在表单外的提交/按钮上缺少参数

Question

I've got a form and a button outside the form. I want to submit the form using the button, so i have written some jquery code. Everything seems to work fine, except one thing. After submit action button's name and value aren't being send (in this case: page=2). How can I fix it? Thanks in advance for help.

 $('button').on('click', function() { $('#test-form').submit(); }); 

 <!doctype html> <html> <head> <title>Test</title> </head> <body> <form method="get" action="#" id="test-form"> <input type="text" name="example"> </form> <button name="page" value="2">2</button> <script src="https://ajax.googleapis.com/ajax/libs/jquery/3.3.1/jquery.min.js"></script> </body> <html> 

Answer 1

The reason the button's data won't be submitted in the form is because the button is outside the form element. To fix this, place the button before the closing </form> tag so your code looks like so:

<!doctype html>
<html>
<head>
    <title>Test</title>
</head>
<body>
    <form method="get" action="#" id="test-form">
        <input type="text" name="example">
                    <button name="page" value="2">2</button>
    </form>
<script src="https://ajax.googleapis.com/ajax/libs/jquery/3.3.1/jquery.min.js"></script>
</body>
<html>

Of course if you really wanted to add the button'a value to the handling page without the button being inside the form, you could just add this to the URL:

Instead of having

https://example.com/handler.php

As your action URL, add the button's values here:

https://example.com/handler.php?page=2

And put that in your form's action attribute like so:

<form id="testForm" method="get" action="https://example.com/handler.php?page=2">...</form>

And then the data will be submitted.

Answer 2

Your button's value isn't submitted because it isn't considered part of the form (due to being outside the <form>...</form> tags).

As an alternative to Jack's answer which is one correct way to do it, if for some reason you don't wish to move the button inside the form, then in HTML5 another option you have is to associate the button with the form via an attribute. This allows the button to be considered as part of the form despite being outside the tags.

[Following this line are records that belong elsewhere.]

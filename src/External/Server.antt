-- ===== src/External/Server.antt =====
-- A server of keys and sets in memory, for the tests.
use tarassov_me.Prelude.{
  ℕ, ◌≡◌, refl, Bool, true, false, List, Option, none, some, Str, str_eq, if◌then◌else◌,
}
use tarassov_me.External.KeyValue.{KeyValue, lasting}
use tarassov_me.External.Sets.{Sets}
use tarassov_me.External.Redis.{s_add, without}

pub record Server : Type 0 where
  pub keys : ℕ → Str → Option Str
  pub sets : Str → List Str

abbrev pub write_key : ℕ → Str → Option ℕ → Str → Server → Server
write_key now k ttl v d = record d {
  keys = λ t j. if str_eq k j then lasting t now ttl v else d.keys t j;
}

abbrev pub nx : Option Str → Server → Server → Bool × Server
nx none new old = (true, new)
nx (some x) new old = (false, old)

pub nx_free : (o : Option Str) (new old : Server) → o ≡ none → nx o new old ≡ (true, new)
nx_free none new old e = refl
nx_free (some x) new old e = cc

pub nx_taken :
    (o : Option Str) (x : Str) (new old : Server) → o ≡ some x → nx o new old ≡ (false, old)
nx_taken none x new old e = cc
nx_taken (some y) x new old e = refl

abbrev pub server : KeyValue
server = record {
  Db = Server;
  read = λ t k d. d.keys t k;
  write = write_key;
  write_nx = λ now k ttl v d. nx (d.keys now k) (write_key now k (some ttl) v d) d;
  remove = λ k d. record { keys = λ t j. if str_eq k j then none else d.keys t j; sets = d.sets };
  read-write = λ t now j k ttl v d. refl;
  read-remove = λ t j k d. refl;
  write_nx_free = λ now k ttl v d e. nx_free (d.keys now k) (write_key now k (some ttl) v d) d e;
  write_nx_taken =
      λ now k ttl v x d e. nx_taken (d.keys now k) x (write_key now k (some ttl) v d) d e;
}

abbrev pub sets : Sets server
sets = record {
  members = λ now k d. d.sets k;
  sadd = λ now k x d. record d { sets = λ j. if str_eq k j then s_add x (d.sets k) else d.sets j };
  srem =
      λ now k x d. record d { sets = λ j. if str_eq k j then without x (d.sets k) else d.sets j };
  expire = λ now k sec d. d;
  members-sadd = λ now j k x d. refl;
  members-expire = λ now j k sec d. refl;
  read-sadd = λ t now j k x d. refl;
  read-srem = λ t now j k x d. refl;
  read-expire = λ t now j k sec d. refl;
}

As an added bonus, once the button is part of the form, you don't need any JavaScript to make it work - it will automatically be considered as a "submit" button.

 <!doctype html> <html> <head> <title>Test</title> </head> <body> <form method="get" action="#" id="test-form"> <input type="text" name="example" /> </form> <button name="page" value="2" form="test-form">2</button> </script> </body> <html> 

See the "form" attribute discussed in the documentation: https://developer.mozilla.org/en-US/docs/Web/HTML/Element/button

Answer 3

The form only submits the named values within the form.

You could use a hidden and assign the button value in the click event.

 $('button').on('click', function() { $('#button_value').val($(this).val()); $('#test-form').submit(); }); 

 <!doctype html> <html> <head> <title>Test</title> </head> <body> <form method="get" action="#" id="test-form"> <input type="text" name="example" /> <input type="hidden" name="page-no" id="button_value" /> </form> <button name="page" value="2">2</button> <script src="https://ajax.googleapis.com/ajax/libs/jquery/3.3.1/jquery.min.js"></script> </body> <html> 

Answer 4

You can add hidden input element with name and value that you want to send inside the form.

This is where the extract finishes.